With all the recent attention on Hurricanes Fay and Gustav, many people are wondering about the effects of hurricanes and tropical storms on birds. While numbers are hard to come by, it is clear that a lot of birds are killed outright by hurricanes. This is especially true of seabirds, which have nowhere in which to seek shelter from these storms. Beaches may be littered with seabird carcasses following major storm events. Most Atlantic hurricanes occur in late summer and early fall. Fall storms coincide with bird migration and may disrupt migration patterns severely. Many birds get caught up in storm systems and blown far off course, often landing in inhospitable places or simply arriving too battered and weakened to survive. Others, while not killed or displaced by storms, may starve to death because they are unable to forage while the weather is poor. The number of birds that die as a result of a major hurricane event may run into the hundreds of thousands.

Healthy bird populations are able to withstand such losses and have done so for eons. However, hurricanes can have severe impacts on endangered species, many of which occur on tropical islands, often among the places hardest hit by hurricanes. For example, Hurricane Hugo in 1989 killed half of the wild Puerto Rican Parrots existing at that time. The Cozumel Thrasher, found only on Mexico’s Isla Cozumel, was pushed to the edge of extinction by Hurricane Gilbert in 1988. Hurricane Iniki may have wiped out the last survivors of as many as three bird species when it hit Hawaii in 1992.

Apart from the direct, physical effects hurricanes may have on birds, they also can have detrimental effects on bird habitats. Cavity-nesting species can be especially hard hit because the trees in which they nest often are blown down or snapped off at the cavity. Hurricane Hugo, which hit the Carolinas in 1989, destroyed most of the area’s nest trees of the endangered Red-cockaded Woodpecker; one forest lost 87 percent of its nest trees and 67 percent of its woodpeckers. Only through the installation of artificial nest boxes have these populations been restored to pre-storm levels.

Although birds blown out of their normal haunts by storms often don’t survive, bird-watchers by the hundreds may flock to see them. Usually, such sightings involve seabirds blown inland and appearing on lakes and reservoirs. First state records of many species have been obtained in this way. Some birders even head into hurricanes to see lost birds.* Others raptly study weather maps to try to predict where hurricane-swept birds will wind up. Recently, during Isabel, birders were staked out in an organized fashion around New York’s Cayuga Lake to see what showed up. Land birds blown out to sea typically perish unnoticed.

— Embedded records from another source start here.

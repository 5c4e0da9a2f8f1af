-- ===== src/DfbApi/Tests.antt =====
-- The theorems on the pool at concrete pools.
use tt_lang.Prelude.{ℕ}
use tt_lang.DfbApi.{DfbApi, new_api}

abbrev fresh : DfbApi ℕ
fresh = new_api
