-- ===== src/DfbState/Calls.antt =====
-- Whole histories of a circular buffer: calls of any threads, in any order, with the calls that run
-- while a wait or a reservation waits.
use tt_lang.Prelude.{ℕ, Option, some, set, length-set, arith}
use tt_lang.BlockState.{ThreadType}
use tt_lang.DfbState.{
  DfbState, dfb_wait_front, dfb_reserve_back, dfb_push_back, dfb_pop_front, host_reset_dfb,
}
use tt_lang.DfbState.Inv.{
  IsValid, reset-IsValid, push_back-IsValid, pop_front-IsValid, wait_front-IsValid,
  reserve_back-IsValid,
}

mutual
  -- A call on the buffer, or a write to a slot through a block. The histories in `waits` and
  -- `reserves` are what others do meanwhile.
  pub data Call (A : Type 0) : Type 0 where
    waits : History A → ℕ → ℕ → Call A
    reserves : History A → ℕ → ℕ → Call A
    pushes : ℕ → Call A
    pops : Option ThreadType → ℕ → Call A
    resets : Call A
    writes : ℕ → A → Call A

  pub data History (A : Type 0) : Type 0 where
    nothing : History A
    then : Call A → History A → History A

module _ {A : Type 0} where
  unfoldable mutual
    unfolding dfb_wait_front dfb_reserve_back dfb_push_back dfb_pop_front host_reset_dfb

    -- The buffer after a call, whether it returned or raised.
    pub perform : Call A → DfbState A → DfbState A
    perform (waits meanwhile thread n) s = (dfb_wait_front (perform_all meanwhile) thread n s).1
    perform (reserves meanwhile thread n) s =
        (dfb_reserve_back (perform_all meanwhile) thread n s).1
    perform (pushes n) s = (dfb_push_back n s).1
    perform (pops thr n) s = (dfb_pop_front thr n s).1
    perform resets s = (host_reset_dfb s).1
    perform (writes i v) s = record s { buf = set s.buf i (some v) }

    pub perform_all : History A → DfbState A → DfbState A
    perform_all nothing s = s
    perform_all (then c cs) s = perform_all cs (perform c s)

  mutual
    unfolding perform

    perform_keeps : (c : Call A) (s : DfbState A) → IsValid s → IsValid (perform c s)
    perform_keeps (waits meanwhile thread n) s v =
        wait_front-IsValid (perform_all meanwhile) (perform_all_keeps meanwhile) thread n s v
    perform_keeps (reserves meanwhile thread n) s v =
        reserve_back-IsValid (perform_all meanwhile) (perform_all_keeps meanwhile) thread n s v
    perform_keeps (pushes n) s v = push_back-IsValid n s v
    perform_keeps (pops thr n) s v = pop_front-IsValid thr n s v
    perform_keeps resets s v = reset-IsValid s v
    perform_keeps (writes i w) s v = ground (arith, length-set s.buf i (some w))

    perform_all_keeps : (h : History A) (s : DfbState A) → IsValid s → IsValid (perform_all h s)
    perform_all_keeps nothing s v = v
    perform_all_keeps (then c cs) s v = perform_all_keeps cs (perform c s) (perform_keeps c s v)

  -- A history of calls keeps the invariant of a circular buffer, whichever of its calls succeed, are
  -- refused, time out or raise half-way, and whatever runs while one of them waits.
  pub perform_all-IsValid : (h : History A) (s : DfbState A) → IsValid s → IsValid (perform_all h s)
  perform_all-IsValid h s v = perform_all_keeps h s v
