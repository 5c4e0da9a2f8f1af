-- ===== src/DfbState/Tests.antt =====
-- The theorems on circular buffers at a concrete buffer, which wraps around.
use tt_lang.Prelude.{
  ℕ, ◌≡◌, refl, [], ◌∷◌, ◌++◌, take, drop, length, set, none, some, true, false, ok, arith,
}
use tt_lang.BlockState.{dm, compute, by_reserve, by_wait}
use tt_lang.Block.{Block, new_block, check_can_write}
use tt_lang.Block.Slots.{Slots, write_slot}
use tt_lang.DfbState.{DfbState, checked, front_span, back_span, dfb_push_back, dfb_pop_front}
use tt_lang.DfbState.Calls.{
  History, waits, reserves, pushes, pops, writes, nothing, perform_all, perform_all-IsValid,
}
use tt_lang.DfbState.Inv.{IsValid, push_back-IsValid}
use tt_lang.DfbState.Fifo.{contents, staged, pop_front-contents, push_back-contents}
use tt_lang.DfbState.Views.{ViewsStaged, ViewsFront, write_slot-staged}

-- Two tiles in slots 3 and 0, and two reserved slots, 1 and 2.
abbrev ring : DfbState ℕ
ring = record {
  cap = 4;
  buf = some 10 ∷ some 11 ∷ none ∷ some 13 ∷ [];
  head = 3;
  visible = 2;
  reserved = 2;
  step = some 2;
  last_wait_target = 2;
  last_reserve_target = 2;
  configured = true;
  consumer_waiting = some 7;
  producer_reserving = some 7;
  shape = 1 ∷ 2 ∷ [];
}

-- The same tiles, with nothing acquired.
abbrev idle : DfbState ℕ
idle = record ring {
  reserved = 0;
  last_wait_target = 0;
  consumer_waiting = none;
  producer_reserving = none;
}

abbrev reader : Block
reader = record (new_block 4 (front_span 2 ring) (1 ∷ 2 ∷ []) by_wait dm false none) {
  span = record { start = 3; len = 2 };
}

abbrev writer : Block
writer = new_block 4 (back_span 2 ring) (1 ∷ 2 ∷ []) by_reserve dm false none

ring-IsValid : IsValid ring
ring-IsValid = ground arith

idle-IsValid : IsValid idle
idle-IsValid = ground arith

writer-ViewsStaged : ViewsStaged writer ring
unfolding new_block
writer-ViewsStaged = ground arith

reader-ViewsFront : ViewsFront reader ring
unfolding new_block
reader-ViewsFront = ground arith

push_back-IsValid_example : IsValid (dfb_push_back 2 ring).1
push_back-IsValid_example = push_back-IsValid 2 ring ring-IsValid

-- The producer waits for room; meanwhile the consumer pops what it waited for.
abbrev history : History ℕ
history =
    History.then
      (reserves (History.then (waits nothing 7 2) (History.then (pops (some dm) 2) nothing)) 9 3)
      (History.then (writes 1 5) (History.then (pushes 3) nothing))

perform_all-IsValid_example : IsValid (perform_all history idle)
perform_all-IsValid_example = perform_all-IsValid history idle idle-IsValid

pop_front-contents_example :
    (s' : DfbState ℕ) × (dfb_pop_front (some compute) 1 ring ≡ (ok tt, s'))
    × (contents s' ≡ some 10 ∷ [])
    × (staged s' ≡ staged ring)
unfolding checked
pop_front-contents_example =
    pop_front-contents compute 1 ring (13 ∷ []) (some 10 ∷ []) ring-IsValid refl refl refl

push_back-contents_example :
    (s' : DfbState ℕ) × (dfb_push_back 2 ring ≡ (ok tt, s'))
    × (contents s' ≡ contents ring ++ take 2 (staged ring))
    × (staged s' ≡ drop 2 (staged ring))
unfolding checked
push_back-contents_example = push_back-contents 2 ring refl (omega arith)

write_slot-staged_example :
    (buf : Slots ℕ) × (write_slot writer 1 99 ring.buf ≡ (ok tt, buf))
    × (contents (record ring { buf = buf }) ≡ contents ring)
    × (staged (record ring { buf = buf }) ≡ set (staged ring) 1 (some 99))
    × (length buf ≡ length ring.buf)
unfolding new_block check_can_write
write_slot-staged_example =
    write_slot-staged writer ring 1 99 ring-IsValid refl writer-ViewsStaged refl (omega arith)
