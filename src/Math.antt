-- ===== src/Math.antt =====
-- python/sim/math.py: the functions on blocks that move whole tiles. What torch does within a tile is
-- a parameter.
pub mod Transpose
pub mod Reduce
pub mod Reduced
mod Tests
use tt_lang.Prelude.{
  ℕ, ◌+◌, ◌*◌, List, [], ◌∷◌, map, rows, get_elem?, Outcome, ok, raise, bind_ok, value_error, Exec,
  ◌>>=◌, min,
}
use tt_lang.Block.Slots.{to_list}
use tt_lang.Block.Store.{Heap, tracked, found, block_at, on_slots}
use tt_lang.Block.Operators.{lift, new_temporary}
use tt_lang.Prelude.{◌++◌}

-- The elements that a loop appends, up to the first that raises.
abbrev pub gather : {A : Type 0} → List (Outcome A) → Outcome (List A)
gather [] = ok []
gather (o ∷ os) = bind_ok o λ a. bind_ok (gather os) λ rest. ok (a ∷ rest)

-- `zip` with an operation.
abbrev pub zip_op : {A : Type 0} → (A → A → A) → List A → List A → List A
zip_op op [] ws = []
zip_op op (v ∷ vs) [] = []
zip_op op (v ∷ vs) (w ∷ ws) = op v w ∷ zip_op op vs ws

-- `M, N = block._shape`
abbrev pub two_dims : List ℕ → Outcome (ℕ × ℕ)
two_dims (m ∷ n ∷ []) = ok (m, n)
two_dims _ = raise value_error

module _ {A : Type 0} where
  -- The tiles of a grid of `m` by `n` in the order of the transposed grid, each turned by `flip`.
  unfoldable pub transpose_tiles : (A → A) → ℕ → ℕ → List A → Outcome (List A)
  transpose_tiles flip m n tiles =
      gather (rows (λ j i. found (get_elem? (map flip tiles) (i * n + j))) n m)

  unfoldable pub transpose : (A → A) → ℕ → Exec (Heap A) ℕ
  unfolding transpose_tiles block_at on_slots to_list new_temporary
  transpose flip r = do
    tiles ← on_slots r to_list
    c ← block_at r
    (m, n) ← lift (two_dims c.block.shape)
    turned ← lift (transpose_tiles flip m n tiles)
    new_temporary turned (n ∷ m ∷ []) (tracked r c.block)

  -- `_apply_binary_op`; the shape of the result is that of the first block.
  unfoldable pub apply_to_tiles : (A → A → A) → ℕ → ℕ → Exec (Heap A) ℕ
  unfolding block_at on_slots to_list new_temporary
  apply_to_tiles op r r' = do
    vs ← on_slots r to_list
    ws ← on_slots r' to_list
    c ← block_at r
    c' ← block_at r'
    new_temporary (zip_op op vs ws) c.block.shape (tracked r c.block ++ tracked r' c'.block)
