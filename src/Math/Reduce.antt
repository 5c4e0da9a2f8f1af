-- ===== src/Math/Reduce.antt =====
-- python/sim/math.py: `broadcast`, `reduce_max` and `reduce_sum`. What torch does within a tile, and
-- how it combines two tiles, are parameters. The numbers in `dims` are not negative.
use tt_lang.Prelude.{
  ℕ, ◌+◌, ◌*◌, List, [], ◌∷◌, ◌++◌, map, rows, count_up, concat_map, get_elem?, has, Option, none,
  some, Bool, not, ◌&&◌, ◌||◌, if◌then◌else◌, ◌==◌, ltb, Outcome, ok, raise, bind_ok, value_error,
  Exec, ◌>>=◌, ◌>>◌,
}
use tt_lang.Block.Slots.{to_list}
use tt_lang.Block.Store.{Heap, tracked, is_waited_compute, found, block_at, on_slots}
use tt_lang.Block.Operators.{lift, new_temporary}
use tt_lang.Math.{gather, two_dims}

-- The loop over `dims` of `broadcast`: each dimension must have size 1.
abbrev pub check_ones : List ℕ → List ℕ → Outcome (Unit {0})
check_ones [] shape = ok tt
check_ones (dim ∷ dims) shape = elim (get_elem? shape dim) [
  | none ↦ raise value_error
  | some size ↦ let rest = check_ones dims shape in if size == 1 then rest else raise value_error
]

-- The loop over `dims` of the reductions.
abbrev pub check_dims : List ℕ → Outcome (Unit {0})
check_dims [] = ok tt
check_dims (dim ∷ dims) =
    let rest = check_dims dims in if ltb dim 2 then rest else raise value_error

-- `dims is None or not dims`
abbrev pub given_dims : Option (List ℕ) → Outcome (List ℕ)
given_dims none = raise value_error
given_dims (some []) = raise value_error
given_dims (some (dim ∷ dims)) = ok (dim ∷ dims)

abbrev pub required : Option (List ℕ) → Outcome (List ℕ)
required none = raise value_error
required (some dims) = ok dims

module _ {A : Type 0} where
  -- The first tile, and the others combined with it in order.
  abbrev pub fold_from : (A → A → A) → A → List A → A
  fold_from combine acc [] = acc
  fold_from combine acc (t ∷ ts) = fold_from combine (combine acc t) ts

  abbrev pub fold_tiles : (A → A → A) → List A → Outcome A
  fold_tiles combine [] = found none
  fold_tiles combine (t ∷ ts) = ok (fold_from combine t ts)

  -- The tiles that one tile of the result is made of: those of its column, of its row or all.
  unfoldable pub tiles_for : Bool → Bool → ℕ → ℕ → List A → ℕ → ℕ → Outcome (List A)
  tiles_for in0 in1 m n reduced_tiles res_i res_j = gather (
      concat_map
        (λ i.
          concat_map
            (λ j.
              if (in0 || i == res_i) && (in1 || j == res_j)
              then found (get_elem? reduced_tiles (i * n + j)) ∷ []
              else [])
            (count_up 0 n))
        (count_up 0 m))

  -- Step 2, the reduction of the grid.
  unfoldable pub reduce_grid :
      (A → A → A) → (A → A → A) → A → Bool → Bool → ℕ → ℕ → List A → Outcome (List A)
  unfolding tiles_for
  reduce_grid combine times scaler_tile in0 in1 m n reduced_tiles = gather (
      rows
        (λ res_i res_j.
          bind_ok (tiles_for in0 in1 m n reduced_tiles res_i res_j)
            λ ts. bind_ok (fold_tiles combine ts) λ t. ok (times t scaler_tile))
        (if in0 then 1 else m) (if in1 then 1 else n))

  -- `reduce_max` with `torch.maximum` for `combine`, `reduce_sum` with `+`. Step 1 is `inner`, by
  -- whether 0 and 1 are in `dims`.
  unfoldable pub reduce :
      (Bool → Bool → A → A) → (A → A → A) → (A → A → A) → Option (List ℕ) → ℕ → ℕ → Exec (Heap A) ℕ
  unfolding reduce_grid block_at on_slots to_list new_temporary
  reduce inner combine times dims r scaler = do
    ds ← lift (given_dims dims)
    c ← block_at r
    (m, n) ← lift (two_dims c.block.shape)
    tiles ← on_slots r to_list
    scalers ← on_slots scaler to_list
    scaler_tile ← lift (found (get_elem? scalers 0))
    lift (check_dims ds)
    result ← lift (
        reduce_grid combine times scaler_tile (has 0 ds) (has 1 ds) m n
          (map (inner (has 0 ds) (has 1 ds)) tiles))
    s ← block_at scaler
    new_temporary result ((if has 0 ds then 1 else m) ∷ (if has 1 ds then 1 else n) ∷ [])
        (tracked r c.block ++ tracked scaler s.block)

  -- `broadcast`; `spread` is what torch does to a tile for the given dimensions. The sources of the
  -- block are kept, and a waited block of a compute thread is one itself.
  unfoldable pub broadcast : (List ℕ → A → A) → Option (List ℕ) → ℕ → Exec (Heap A) ℕ
  unfolding block_at on_slots to_list new_temporary
  broadcast spread dims r = do
    ds ← lift (required dims)
    c ← block_at r
    lift (check_ones ds c.block.shape)
    tiles ← on_slots r to_list
    new_temporary (map (spread ds) tiles) c.block.shape (
        c.block.source_blocks
        ++ (if not c.block.is_temporary && is_waited_compute c.block then r ∷ [] else []))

It’s important to remember that the long-term effects of hurricanes on birds aren’t necessarily negative. Every disturbance event is bad for some species but good for others. For instance, hurricanes create gaps in forests, creating habitat for species that require a brushy understory. Birds blown off course occasionally establish entirely new populations; such events may be responsible for much, if not most, colonization of remote islands by birds. Furthermore, hurricanes have been around for a long time and are part of the system in which birds evolved. It is only when they have impacts on species already pushed to the brink by humans, or if hurricane activity is increased by global climate change, that there is cause for concern.